- _Task item_: Using the records below, count the lines containing "List" and give only the total.
--- Information Enclosed Below ---
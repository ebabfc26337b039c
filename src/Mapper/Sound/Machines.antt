-- ===== src/Mapper/Sound/Machines.antt =====
-- The machines in `get_mapping` of MachineMapper.py.
use lnst.Prelude.{
  ◌≤◌, ◌<◌, String, ◌≡◌, refl, true, false, some, List, [], ◌∷◌, inl, inr, arith, ℕ, string_eq,
  Bool-cases, ==_iff, ==_self, subst, sym, ap, ◌∙◌, ◌==◌, count, ◌⊎◌,
}
use lnst.Prelude.Exc.{ok}
use lnst.Prelude.Dict.{Dict, get, put, get-put, count_of_get}
use lnst.Mapper.Defs.{Iface, Host, Hosts, Owner, Labels, MachineMatch}
use lnst.Mapper.Compat.{params_fit}
use lnst.Mapper.IfValid.{Site, Filled, if_ids, taken}
use lnst.Mapper.Valid.{HasHwaddrs, IsNamed, MFilled, MPlaced, m_ids, m_taken}
use lnst.Mapper.Mapping.{IfMap, MachineMap, map_ifs, map_machines}
use lnst.Mapper.Sound.Networks.{IsInjective, Filled-kept, Filled-IsInjective}
use lnst.Mapper.Sound.Ifs.{IfMapped, IfsMapped, IfMapped-kept, map_ifs_lem}

-- Required host `h` is mapped to a pool machine with the parameters that it asks for, and each of
-- its interfaces to another interface of that machine.
pub record MachineMapped (pool : Hosts) (labels : Labels) (h : Host) (mm : MachineMap)
    : Type 0 where
  pub pool_m : Host
  pub is_in_pool : get pool mm.target ≡ some pool_m
  pub fits : params_fit h.params pool_m.params ≡ true
  pub each_if :
      (i : String) (r : Iface)
      → get h.interfaces i ≡ some r
      → (im : IfMap) × (get mm.interfaces i ≡ some im) × IfMapped pool_m labels r im
  pub distinct_ifs :
      (i j : String) (im jm : IfMap)
      → get mm.interfaces i ≡ some im
      → get mm.interfaces j ≡ some jm
      → im.target ≡ jm.target
      → i ≡ j

-- The mapping of the machines on a stack.
pub record MachinesMapped (mreqs pool : Hosts) (ms : List MachineMatch) (labels : Labels)
    (d : Dict String MachineMap) : Type 0 where
  pub each :
      (k : String)
      → 0 < count k (m_ids ms)
      → (h : Host) × (mm : MachineMap) × (get mreqs k ≡ some h)
        × (get d k ≡ some mm)
        × MachineMapped pool labels h mm
  pub of_stack :
      (k : String) (mm : MachineMap) → get d k ≡ some mm → 0 < count mm.target (m_taken ms)
  pub distinct :
      (k l : String) (mm lm : MachineMap)
      → get d k ≡ some mm
      → get d l ≡ some lm
      → mm.target ≡ lm.target
      → k ≡ l

MachineMapped-kept :
    (pool : Hosts) (below after : Labels) (h : Host) (mm : MachineMap)
    → ((x : String) (o : Owner) → get below x ≡ some o → get after x ≡ some o)
    → MachineMapped pool below h mm
    → MachineMapped pool after h mm
MachineMapped-kept pool below after h mm kept m = record {
  pool_m = m.pool_m;
  is_in_pool = m.is_in_pool;
  fits = m.fits;
  each_if = λ i r e.
      let (im, g, x) = m.each_if i r e in (im, g, IfMapped-kept m.pool_m below after r im kept x);
  distinct_ifs = m.distinct_ifs;
}

module _ (mreqs pool : Hosts) (Q : ℕ) (m : MachineMatch) (ms : List MachineMatch) (labels : Labels)
    (c : Site) (p : MPlaced mreqs pool Q c m labels) (placed : m.unmatched_ifs ≡ [])
    (filled : Filled c m.if_stack labels) where
  if_ids_le : (x : String) → count x (if_ids m.if_stack) ≤ 1
  if_ids_le x = omega (arith, p.inv.required x, c.req_distinct x)

  taken_le : (x : String) → count x (taken m.if_stack) ≤ 1
  taken_le x = omega (arith, p.inv.in_pool x, c.pool_distinct x)

  all_ifs :
      (i : String) (r : Iface) → get c.req_m.interfaces i ≡ some r → 0 < count i (if_ids m.if_stack)
  unfolding count
  all_ifs i r e =
      ground (arith, p.inv.required i, placed, count_of_get c.req_m.interfaces i {v = r} e)

  abbrev pub MappedTop : Type 0
  MappedTop =
      (ifs : Dict String IfMap) × (map_ifs c.pool_m m.if_stack ≡ ok ifs)
      × ((hostname : String)
          → MachineMapped pool labels c.req_m
              (record { target = p.site.target; hostname = hostname; interfaces = ifs }))

  mapped_top : HasHwaddrs c.pool_m → MappedTop
  mapped_top named =
      let (ifs, e, im) = map_ifs_lem c named m.if_stack labels filled if_ids_le taken_le in
      (
        ifs,
        e,
        λ hostname. record {
          pool_m = c.pool_m;
          is_in_pool = p.site.is_pool_m;
          fits = p.fits;
          each_if = λ i r e'. each_of ifs im i r e';
          distinct_ifs = im.distinct;
        },
      )
    where
      each_of :
          (ifs : Dict String IfMap) (im : IfsMapped c m.if_stack labels ifs) (i : String)
          (r : Iface)
          → get c.req_m.interfaces i ≡ some r
          → (x : IfMap) × (get ifs i ≡ some x) × IfMapped c.pool_m labels r x
      each_of ifs im i r e =
          let (r', x, e', g, ok') = im.each i (all_ifs i r e) in
          let same : r' ≡ r = cc (e', e) in
          (x, g, subst (λ q. IfMapped c.pool_m labels q x) same ok')

  module _ (hostname : String) (ifs : Dict String IfMap)
      (good : MachineMapped pool labels c.req_m
        (record { target = p.site.target; hostname = hostname; interfaces = ifs }))
      (d : Dict String MachineMap) (ih : MachinesMapped mreqs pool ms c.base d)
      (new_id : count m.m_id (m_ids ms) ≡ 0)
      (new_target : count p.site.target (m_taken ms) ≡ 0) where
    abbrev top_m : MachineMap
    top_m = record { target = p.site.target; hostname = hostname; interfaces = ifs }

    entry_cases :
        (k : String) (mm : MachineMap)
        → get (put d m.m_id top_m) k ≡ some mm
        → ((k ≡ m.m_id) × (mm ≡ top_m)) ⊎ (get d k ≡ some mm)
    entry_cases k mm e = elim (Bool-cases (m.m_id == k)) [
      | inl same ↦
          inl (sym ((==_iff m.m_id k).0 same), ground (arith, e, same, get-put d m.m_id k top_m))
      | inr other ↦ inr (ground (arith, e, other, get-put d m.m_id k top_m))
    ]

    -- No machine below has the target of the top.
    other_target :
        (k : String) (mm : MachineMap) → get d k ≡ some mm → mm.target ≡ p.site.target → ⊥
    other_target k mm e same = ground (arith, ih.of_stack k mm e, same, new_target)

    distinct_cases :
        (k l : String) (mm lm : MachineMap)
        → ((k ≡ m.m_id) × (mm ≡ top_m)) ⊎ (get d k ≡ some mm)
        → ((l ≡ m.m_id) × (lm ≡ top_m)) ⊎ (get d l ≡ some lm)
        → mm.target ≡ lm.target
        → k ≡ l
    distinct_cases k l mm lm (inl (a, b)) (inl (a', b')) same = a ∙ sym a'
    distinct_cases k l mm lm (inl (a, b)) (inr old) same =
        absurd (other_target l lm old (sym same ∙ ap (λ (z : MachineMap). z.target) b))
    distinct_cases k l mm lm (inr old) (inl (a, b)) same =
        absurd (other_target k mm old (same ∙ ap (λ (z : MachineMap). z.target) b))
    distinct_cases k l mm lm (inr old) (inr old') same = ih.distinct k l mm lm old old' same

    abbrev EachMachine : String → Type 0
    EachMachine k =
        (h : Host) × (mm : MachineMap) × (get mreqs k ≡ some h)
        × (get (put d m.m_id top_m) k ≡ some mm)
        × MachineMapped pool labels h mm

    each_top : (k : String) → m.m_id ≡ k → EachMachine k
    each_top k same = (
      c.req_m,
      top_m,
      subst (λ l. get mreqs l ≡ some c.req_m) (sym p.inv.at_machine ∙ same) p.site.is_req_m,
      ground (arith, same, ==_iff m.m_id k, get-put d m.m_id k top_m),
      good,
    )

    each_below : (k : String) → m.m_id == k ≡ false → 0 < count k (m_ids ms) → EachMachine k
    each_below k other there =
        let (h, mm, e, g, x) = ih.each k there in
        (
          h,
          mm,
          e,
          ground (arith, g, other, get-put d m.m_id k top_m),
          MachineMapped-kept pool c.base labels h mm (Filled-kept c m.if_stack labels filled) x,
        )

    each_machine : (k : String) → 0 < count k (m_ids (m ∷ ms)) → EachMachine k
    unfolding m_ids count
    each_machine k there = elim (Bool-cases (m.m_id == k)) [
      | inl same ↦ each_top k ((==_iff m.m_id k).0 same)
      | inr other ↦ each_below k other (ground (arith, there, other))
    ]

    of_stack_cases :
        (k : String) (mm : MachineMap)
        → ((k ≡ m.m_id) × (mm ≡ top_m)) ⊎ (get d k ≡ some mm)
        → 0 < count mm.target (m_taken (m ∷ ms))
    unfolding m_taken count
    of_stack_cases k mm (inl (a, b)) =
        ground (arith, ap (λ (z : MachineMap). z.target) b, p.site.is_target, ==_self p.site.target)
    of_stack_cases k mm (inr old) = ground (arith, ih.of_stack k mm old, p.site.is_target)

    top-MachinesMapped : MachinesMapped mreqs pool (m ∷ ms) labels (put d m.m_id top_m)
    top-MachinesMapped = record {
      each = each_machine;
      of_stack = λ k mm e. of_stack_cases k mm (entry_cases k mm e);
      distinct = λ k l mm lm e e' same.
          distinct_cases k l mm lm (entry_cases k mm e) (entry_cases l lm e') same;
    }

module _ (mreqs pool : Hosts) (Q : ℕ) (named : IsNamed pool) where
  abbrev pub MapsAll : List MachineMatch → Labels → Type 0
  MapsAll ms labels =
      (d : Dict String MachineMap) × (map_machines pool ms ≡ ok d)
      × MachinesMapped mreqs pool ms labels d

  map_machines-cons :
      (m : MachineMatch) (ms : List MachineMatch) (labels : Labels) (c : Site)
      (p : MPlaced mreqs pool Q c m labels)
      → m.unmatched_ifs ≡ []
      → Filled c m.if_stack labels
      → count m.m_id (m_ids ms) ≡ 0
      → count p.site.target (m_taken ms) ≡ 0
      → MapsAll ms c.base
      → MapsAll (m ∷ ms) labels
  unfolding map_machines
  map_machines-cons m ms labels c p placed filled new_id new_target (d, e, ih) =
      let hn : (v : String) × (get c.pool_m.params "hostname" ≡ some v) =
        named.hostname p.site.target c.pool_m p.site.is_pool_m in
      let (ifs, ei, good) =
        mapped_top mreqs pool Q m ms labels c p placed filled
          (named.hwaddrs p.site.target c.pool_m p.site.is_pool_m) in
      (
        put d m.m_id (record { target = p.site.target; hostname = hn.0; interfaces = ifs }),
        ground (arith, e, p.site.is_target, p.site.is_pool_m, hn.1, ei),
        top-MachinesMapped mreqs pool Q m ms labels c p placed filled hn.0 ifs (good hn.0) d ih
            new_id new_target,
      )

  -- The loop over the machines raises nothing, and maps each of them.
  pub map_machines_lem :
      (ms : List MachineMatch) (labels : Labels)
      → MFilled mreqs pool Q ms labels
      → ((x : String) → count x (m_ids ms) ≤ 1)
      → ((x : String) → count x (m_taken ms) ≤ 1)
      → MapsAll ms labels
  unfolding map_machines m_ids m_taken count get
  map_machines_lem [] labels h ids targets = (
    [],
    refl,
    record {
      each = λ i there. absurd (omega (arith, there));
      of_stack = λ i im e. cc;
      distinct = λ i j im jm e e' same. cc;
    },
  )
  map_machines_lem (m ∷ ms) labels (c, p, placed, filled, rest) ids targets =
      map_machines-cons m ms labels c p placed filled (ground (arith, ids m.m_id, ==_self m.m_id))
        (ground (arith, targets p.site.target, p.site.is_target, ==_self p.site.target))
        (map_machines_lem ms c.base rest (λ x. ground (arith, ids x))
          (λ x. ground (arith, targets x, p.site.is_target)))

  pub MFilled-IsInjective :
      (ms : List MachineMatch) (labels : Labels)
      → MFilled mreqs pool Q ms labels
      → IsInjective labels
  unfolding get
  MFilled-IsInjective [] labels h =
      subst (λ (l : Labels). IsInjective l) (sym h) (λ x y o w e f same. cc)
  MFilled-IsInjective (m ∷ ms) labels (c, p, placed, filled, rest) =
      Filled-IsInjective c m.if_stack labels filled (MFilled-IsInjective ms c.base rest)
--- End of Enclosed Information ---
- _Solution for this exercise_: 7